AUTHOR=Zhou Yingjian , Xu Wenchao , Zeng Yan , Li Hao , Liu Zhuo , Wang Tao , Liu Jihong , Jiang Hongyang TITLE=Global research trends of the application of artificial intelligence in bladder cancer since the 21st century: a bibliometric analysis JOURNAL=Frontiers in Oncology VOLUME=13 YEAR=2023 URL=https://www.frontiersin.org/journals/oncology/articles/10.3389/fonc.2023.1227152 DOI=10.3389/fonc.2023.1227152 ISSN=2234-943X ABSTRACT=Introduction

Since the significant breakthroughs in artificial intelligence (AI) algorithms, the application of AI in bladder cancer has rapidly expanded. AI can be used in all aspects of the bladder cancer field, including diagnosis, treatment and prognosis prediction. Nowadays, these technologies have an excellent medical auxiliary effect and are in explosive development, which has aroused the intense interest of researchers. This study will provide an in-depth analysis using bibliometric analysis to explore the trends in this field.

Method

Documents regarding the application of AI in bladder cancer from 2000 to 2022 were searched and extracted from the Web of Science Core Collection.
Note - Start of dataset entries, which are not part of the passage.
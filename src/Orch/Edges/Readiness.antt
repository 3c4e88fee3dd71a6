-- ===== src/Orch/Edges/Readiness.antt =====
-- Which edges are ready, leaf by leaf: the edge walk against the positional walk of
-- internal/plan/decompose.go.
use radioactive_ralph.Prelude.{
  ◌≡◌, refl, sym, ap, ◌∙◌, &&_true, String, Bool, true, false, not, ◌&&◌, ◌||◌, Option, none, some,
  List, [], ◌∷◌, ◌++◌, map, all, all-append, filterb, filterb-append, is_nil, inl, inr, arith,
  Bool-cases,
}
use mathlib.Core.Path.{ap₂}
use mathlib.Core.List.{append-nil, map-append}
use radioactive_ralph.Plan.{StepRef, DoneSet, Ready, step_id, steps_done, leaf_loop, leaf_ready}
use radioactive_ralph.Plan.Leaves.{Leaf, first_open}
use radioactive_ralph.Orch.Import.{Located}
use radioactive_ralph.Orch.Edges.Leafwise.{
  keys, fan_edges, chain_edges, chain_end, leaf_edges, terminals, edges_of,
}

abbrev pub Edge : Type 0
Edge = Located × List String

-- The key of a step of a plan without explicit ids.
abbrev pub key : Located → String
key x = step_id x.0

module _ (done : DoneSet) where
  abbrev pub ready_edge : (Located → String) → Located × List String → Bool
  ready_edge f e = not (done (f e.0)) && all done e.1

  abbrev pub closed_edge : (Located → String) → Located × List String → Bool
  closed_edge f e = not (done (f e.0)) || all done e.1

  abbrev pub ready : List Edge → List Edge
  ready = filterb (ready_edge key)

  abbrev pub closed : List Edge → Bool
  closed = all (closed_edge key)

  -- Where the terminals before them are not all done, no step of a leaf is done or ready.
  fan_blocked :
      (prev : List String) (xs : List Located)
      → all done prev ≡ false
      → closed (fan_edges key prev xs) ≡ true
      → (ready (fan_edges key prev xs) ≡ [])
        × (steps_done done xs ≡ is_nil xs)
        × (all done (keys key xs) ≡ is_nil xs)
  fan_blocked prev [] b c = (refl, refl, refl)
  fan_blocked prev (x ∷ xs) b c = ground (arith, fan_blocked prev xs b)

  chain_blocked :
      (prev : List String) (xs : List Located)
      → all done prev ≡ false
      → closed (chain_edges key prev xs) ≡ true
      → (ready (chain_edges key prev xs) ≡ [])
        × (steps_done done xs ≡ is_nil xs)
        × (all done (chain_end key prev xs) ≡ false)
  chain_blocked prev [] b c = (refl, refl, b)
  chain_blocked prev (x ∷ xs) b c = ground (arith, chain_blocked (key x ∷ []) xs)

  leaf_blocked :
      (parallel : Bool) (prev : List String) (xs : List Located)
      → all done prev ≡ false
      → closed (leaf_edges key parallel prev xs) ≡ true
      → (ready (leaf_edges key parallel prev xs) ≡ [])
        × (all done (terminals key parallel prev xs) ≡ false)
  leaf_blocked true prev [] b c = (refl, b)
  leaf_blocked false prev [] b c = (refl, b)
  leaf_blocked true prev (x ∷ xs) b c = let (r, s, t) = fan_blocked prev (x ∷ xs) b c in (r, t)
  leaf_blocked false prev (x ∷ xs) b c = let (r, s, t) = chain_blocked prev (x ∷ xs) b c in (r, t)

  leaves_blocked :
      (prev : List String) (ls : List Leaf)
      → all done prev ≡ false
      → closed (edges_of key prev ls) ≡ true
      → ready (edges_of key prev ls) ≡ []
  leaves_blocked prev [] b c = refl
  leaves_blocked prev (l ∷ ls) b c =
      let front = leaf_edges key l.parallel prev l.located in
      let (c₁, c₂) = &&_true _ _ (sym (all-append (closed_edge key) front _) ∙ c) in
      let (r, t) = leaf_blocked l.parallel prev l.located b c₁ in
      filterb-append (ready_edge key) front _
      ∙ ap₂ (λ u v. u ++ v) r (leaves_blocked (terminals key l.parallel prev l.located) ls t c₂)

  abbrev pub located_of : List Edge → List Located
  located_of es = map (λ e. e.0) es

  fan_open :
      (prev : List String) (xs : List Located)
      → all done prev ≡ true
      → (located_of (ready (fan_edges key prev xs)) ≡ leaf_loop true done xs)
        × (all done (keys key xs) ≡ steps_done done xs)
  fan_open prev [] b = (refl, refl)
  fan_open prev (x ∷ xs) b = ground (arith, fan_open prev xs b)

  chain_open :
      (prev : List String) (xs : List Located)
      → all done prev ≡ true
      → closed (chain_edges key prev xs) ≡ true
      → (located_of (ready (chain_edges key prev xs)) ≡ leaf_loop false done xs)
        × (all done (chain_end key prev xs) ≡ steps_done done xs)
  chain_open prev [] b c = (refl, b)
  chain_open prev (x ∷ xs) b c =
      ground (arith, chain_open (key x ∷ []) xs, chain_blocked (key x ∷ []) xs)

  leaf_open :
      (parallel : Bool) (prev : List String) (xs : List Located)
      → all done prev ≡ true
      → closed (leaf_edges key parallel prev xs) ≡ true
      → (located_of (ready (leaf_edges key parallel prev xs)) ≡ leaf_loop parallel done xs)
        × (all done (terminals key parallel prev xs) ≡ steps_done done xs)
  leaf_open true prev [] b c = (refl, b)
  leaf_open false prev [] b c = (refl, b)
  leaf_open true prev (x ∷ xs) b c = fan_open prev (x ∷ xs) b
  leaf_open false prev (x ∷ xs) b c = chain_open prev (x ∷ xs) b c

  loop-nil :
      (parallel : Bool) (xs : List Located)
      → is_nil (leaf_loop parallel done xs) ≡ steps_done done xs
  loop-nil parallel [] = refl
  loop-nil parallel (x ∷ xs) = ground (arith, loop-nil parallel xs)

  abbrev pub refs_of : Option Ready → List StepRef
  refs_of none = []
  refs_of (some r) = r.refs

  leaf_ready-refs :
      (parallel : Bool) (xs : List Located)
      → refs_of (leaf_ready parallel xs done) ≡ map (λ x. x.0) (leaf_loop parallel done xs)
  unfolding leaf_ready
  leaf_ready-refs parallel xs = go (leaf_loop parallel done xs) refl
    where
      go :
          (loop : List Located)
          → leaf_loop parallel done xs ≡ loop
          → refs_of (leaf_ready parallel xs done) ≡ map (λ x. x.0) (leaf_loop parallel done xs)
      go [] e = rw e
      go (y ∷ ys) e = rw e

  abbrev pub ready_refs : List Edge → List StepRef
  ready_refs es = map (λ x. x.0) (located_of (ready es))

  ready_refs-append : (es fs : List Edge) → ready_refs (es ++ fs) ≡ ready_refs es ++ ready_refs fs
  ready_refs-append es fs = simp (filterb-append, map-append)

  is_nil_sound : (xs : List Located) → is_nil xs ≡ true → xs ≡ []
  is_nil_sound [] h = refl
  is_nil_sound (x ∷ xs) h = cc

  pub leaves_open :
      (prev : List String) (ls : List Leaf)
      → all done prev ≡ true
      → closed (edges_of key prev ls) ≡ true
      → ready_refs (edges_of key prev ls) ≡ refs_of (first_open done ls)
  leaves_open prev [] b c = refl
  leaves_open prev (l ∷ ls) b c =
      let front = leaf_edges key l.parallel prev l.located in
      let next = terminals key l.parallel prev l.located in
      let (c₁, c₂) = &&_true _ _ (sym (all-append (closed_edge key) front _) ∙ c) in
      let (r, t) = leaf_open l.parallel prev l.located b c₁ in
      ready_refs-append front (edges_of key next ls)
      ∙ elim (Bool-cases (steps_done done l.located)) [
        | inl d ↦ rw d (
            ap₂ (λ u v. u ++ v)
              (ap (map (λ x. x.0)) (r ∙ is_nil_sound _ (loop-nil l.parallel l.located ∙ d)))
              (leaves_open next ls (t ∙ d) c₂))
        | inr d ↦ rw d (
            ap₂ (λ u v. u ++ v) (ap (map (λ x. x.0)) r ∙ sym (leaf_ready-refs l.parallel l.located))
              (ap (λ es. map (λ x. x.0) (located_of es)) (leaves_blocked next ls (t ∙ d) c₂))
            ∙ append-nil _)
      ]
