-- ===== src/Orch/Edges/Order.antt =====
-- Document order as dependency edges, against the positional walk of internal/plan/decompose.go.
use radioactive_ralph.Prelude.{
  ◌≡◌, refl, sym, ap, ◌∙◌, &&_true, String, Bool, true, false, ◌&&◌, List, [], ◌∷◌, ◌++◌, map, all,
  filterb, is_none, arith,
}
use mathlib.Core.Path.{ap₂}
use mathlib.Core.List.{map-append}
use radioactive_ralph.Plan.{
  Plan, Step, StepRef, DoneSet, walk_groups, decompose_groups, decompose_refs,
}
use radioactive_ralph.Plan.Leaves.{
  Leaf, leaves, all_located, walk_groups-leaves, decompose_groups-leaves,
}
use radioactive_ralph.Orch.Import.{Located, step_task_id, document_order_edges}
use radioactive_ralph.Orch.Edges.Leafwise.{
  keys, fan_edges, chain_edges, leaf_edges, terminals, edges_of, deps_of,
}
use radioactive_ralph.Orch.Edges.Walk.{document_order_edges-leaves}
use radioactive_ralph.Orch.Edges.Readiness.{
  Edge, key, ready_edge, closed_edge, refs_of, leaves_open,
}

-- The nodes of the graph with their document-order edges, as `graphSpecs` pairs them.
abbrev pub pair_up : List Located → List (List String) → List (Located × List String)
pair_up (x ∷ xs) (d ∷ ds) = (x, d) ∷ pair_up xs ds
pair_up _ _ = []

pair_up-edges : (es : List Edge) → pair_up (map (λ e. e.0) es) (deps_of es) ≡ es
pair_up-edges [] = refl
pair_up-edges (e ∷ es) = ap (λ t. e ∷ t) (pair_up-edges es)

abbrev pub graph_edges : Plan → List (Located × List String)
graph_edges p =
    let nodes = walk_groups p [] 0 in
    pair_up nodes (document_order_edges p (keys step_task_id nodes))

-- No step states an id of its own.
abbrev pub unannotated : List Located → Bool
unannotated [] = true
unannotated ((r, s) ∷ xs) = is_none s.metadata && unannotated xs

module _ (f : Located → String) where
  located_of-fan :
      (prev : List String) (xs : List Located) → map (λ e. e.0) (fan_edges f prev xs) ≡ xs
  located_of-fan prev [] = refl
  located_of-fan prev (x ∷ xs) = ap (λ t. x ∷ t) (located_of-fan prev xs)

  located_of-chain :
      (prev : List String) (xs : List Located) → map (λ e. e.0) (chain_edges f prev xs) ≡ xs
  located_of-chain prev [] = refl
  located_of-chain prev (x ∷ xs) = ap (λ t. x ∷ t) (located_of-chain (f x ∷ []) xs)

  pub located_of-leaf :
      (parallel : Bool) (prev : List String) (xs : List Located)
      → map (λ e. e.0) (leaf_edges f parallel prev xs) ≡ xs
  located_of-leaf true prev xs = located_of-fan prev xs
  located_of-leaf false prev xs = located_of-chain prev xs

  pub located_of-edges :
      (prev : List String) (ls : List Leaf) → map (λ e. e.0) (edges_of f prev ls) ≡ all_located ls
  located_of-edges prev [] = refl
  located_of-edges prev (l ∷ ls) =
      map-append (λ e. e.0) (leaf_edges f l.parallel prev l.located) _
      ∙ ap₂ (λ u v. u ++ v) (located_of-leaf l.parallel prev l.located)
          (located_of-edges (terminals f l.parallel prev l.located) ls)

  pub pair_up-leaves :
      (p : Plan)
      → pair_up (walk_groups p [] 0) (document_order_edges p (keys f (walk_groups p [] 0)))
        ≡ edges_of f [] (leaves p [] 0)
  pair_up-leaves p =
      ap₂ pair_up (walk_groups-leaves p [] 0 ∙ sym (located_of-edges [] (leaves p [] 0)))
        (document_order_edges-leaves f p)
      ∙ pair_up-edges (edges_of f [] (leaves p [] 0))

step_task_id-unannotated :
    (r : StepRef) (s : Step) → is_none s.metadata ≡ true → step_task_id (r, s) ≡ key (r, s)
unfolding step_task_id
step_task_id-unannotated r s h = ground arith

keys-unannotated : (xs : List Located) → unannotated xs ≡ true → keys step_task_id xs ≡ keys key xs
keys-unannotated [] h = refl
keys-unannotated ((r, s) ∷ xs) h =
    let (h₁, h₂) = &&_true _ _ h in
    ap₂ (λ u v. u ∷ v) (step_task_id-unannotated r s h₁) (keys-unannotated xs h₂)

decompose_refs-refs :
    (p : Plan) (done : DoneSet)
    → refs_of done (decompose_groups p [] 0 done) ≡ (decompose_refs p done).1
unfolding decompose_refs
decompose_refs-refs p done = ground arith

module _ (done : DoneSet) where
  ready-unannotated :
      (es : List Edge)
      → unannotated (map (λ e. e.0) es) ≡ true
      → filterb (ready_edge done step_task_id) es ≡ filterb (ready_edge done key) es
  ready-unannotated [] h = refl
  ready-unannotated (((r, s), ds) ∷ es) h =
      let (h₁, h₂) = &&_true (is_none s.metadata) (unannotated (map (λ e. e.0) es)) h in
      ground (arith, step_task_id-unannotated r s h₁, ready-unannotated es h₂)

  closed-unannotated :
      (es : List Edge)
      → unannotated (map (λ e. e.0) es) ≡ true
      → all (closed_edge done step_task_id) es ≡ all (closed_edge done key) es
  closed-unannotated [] h = refl
  closed-unannotated (((r, s), ds) ∷ es) h =
      let (h₁, h₂) = &&_true (is_none s.metadata) (unannotated (map (λ e. e.0) es)) h in
      ground (arith, step_task_id-unannotated r s h₁, closed-unannotated es h₂)

map_twice : (es : List Edge) → map (λ e. e.0.0) es ≡ map (λ x. x.0) (map (λ e. e.0) es)
map_twice [] = refl
map_twice (e ∷ es) = ap (λ t. e.0.0 ∷ t) (map_twice es)

graph_edges-leaves :
    (p : Plan)
    → unannotated (walk_groups p [] 0) ≡ true
    → graph_edges p ≡ edges_of key [] (leaves p [] 0)
graph_edges-leaves p h =
    ap (λ ids. pair_up (walk_groups p [] 0) (document_order_edges p ids))
      (keys-unannotated (walk_groups p [] 0) h)
    ∙ pair_up-leaves key p

-- For a plan without annotations, and a set of finished tasks in which a task is finished only
-- after all the tasks that its document-order edges name: the tasks that are not finished and
-- whose edges all name finished tasks are exactly the steps, in the same order, that
-- `DecomposeRefs` finds ready from the positions alone.
pub document_order-decompose :
    (p : Plan) (done : DoneSet)
    → unannotated (walk_groups p [] 0) ≡ true
    → all (closed_edge done step_task_id) (graph_edges p) ≡ true
    → map (λ e. e.0.0) (filterb (ready_edge done step_task_id) (graph_edges p))
      ≡ (decompose_refs p done).1
unfolding decompose_refs
document_order-decompose p done h c =
    let es = edges_of key [] (leaves p [] 0) in
    let plain : unannotated (map (λ e. e.0) es) ≡ true =
      ap unannotated (located_of-edges key [] (leaves p [] 0) ∙ sym (walk_groups-leaves p [] 0))
      ∙ h in
    let c' =
      sym (closed-unannotated done es plain)
      ∙ ap (all (closed_edge done step_task_id)) (sym (graph_edges-leaves p h))
      ∙ c in
    ap (λ g. map (λ e. e.0.0) (filterb (ready_edge done step_task_id) g)) (graph_edges-leaves p h)
    ∙ ap (map (λ e. e.0.0)) (ready-unannotated done es plain)
    ∙ map_twice (filterb (ready_edge done key) es)
    ∙ leaves_open done [] (leaves p [] 0) refl c'
    ∙ ap (refs_of done) (sym (decompose_groups-leaves p [] 0 done))
    ∙ decompose_refs-refs p done
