-- ===== src/Orch/Edges/Backward.antt =====
-- internal/orch/plan_import.go: which steps a document-order edge names.
use radioactive_ralph.Prelude.{
  String, Bool, true, ◌&&◌, List, [], ◌∷◌, map, all, any, Memᴰ, ℕ, suc, if◌then◌else◌, text_eq,
}
use radioactive_ralph.Plan.{Plan}
use radioactive_ralph.Orch.Import.{Located, step_task_id}

abbrev known : List String → String → Bool
known seen d = any (text_eq d) seen

-- Every edge names only tasks in `seen` or standing before it in the list.
abbrev pub names_earlier : List String → List (Located × List String) → Bool
names_earlier seen [] = true
names_earlier seen ((x, ds) ∷ es) = all (known seen) ds && names_earlier (step_task_id x ∷ seen) es

-- `seen` after the steps `xs`.
abbrev after : List String → List Located → List String
after seen [] = seen
after seen (x ∷ xs) = after (step_task_id x ∷ seen) xs

-- The task waits on the other, by one edge or along several.
pub data Needs (es : List (Located × List String)) : String → String → Type 0 where
  direct :
      {x : Located} {ds : List String} {d : String}
      → Memᴰ (x, ds) es
      → Memᴰ d ds
      → Needs es (step_task_id x) d
  along : {a b c : String} → Needs es a b → Needs es b c → Needs es a c

-- The position of an id in a list, which is the length where it does not stand.
abbrev position : String → List String → ℕ
position a [] = 0
position a (x ∷ xs) = let rest = position a xs in if text_eq a x then 0 else suc rest

abbrev ids_of : List (Located × List String) → List String
ids_of es = map (λ e. step_task_id (e.0)) es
These publications were analyzed by bibliometric analysis software (CiteSpace, Vosviewer) to visualize the relationship between countries/regions, institutions, journals, authors, references, keywords.

Results

We analyzed a total of 2368 publications. Since 2016, the number of publications in the field of AI in bladder cancer has increased rapidly and reached a breathtaking annual growth rate of 43.98% in 2019. The U.S. has the largest research scale, the highest study level and the most significant financial support. The University of North Carolina is the institution with the highest level of research. EUROPEAN UROLOGY is the most influential journal with an impact factor of 24.267 and a total citation of 11,848. Wiklund P. has the highest number of publications, and Menon M. has the highest number of total citations. We also find hot research topics within the area through references and keywords analysis, which include two main parts: AI models for the diagnosis and prediction of bladder cancer and novel robotic-assisted surgery for bladder cancer radicalization and urinary diversion.

Conclusion

AI application in bladder cancer is widely studied worldwide and has shown an explosive growth trend since the 21st century. AI-based diagnostic and predictive models will be the next protagonists in this field. Meanwhile, the robot-assisted surgery is still a hot topic and it is worth exploring the application of AI in it. The advancement and application of algorithms will be a massive driving force in this field.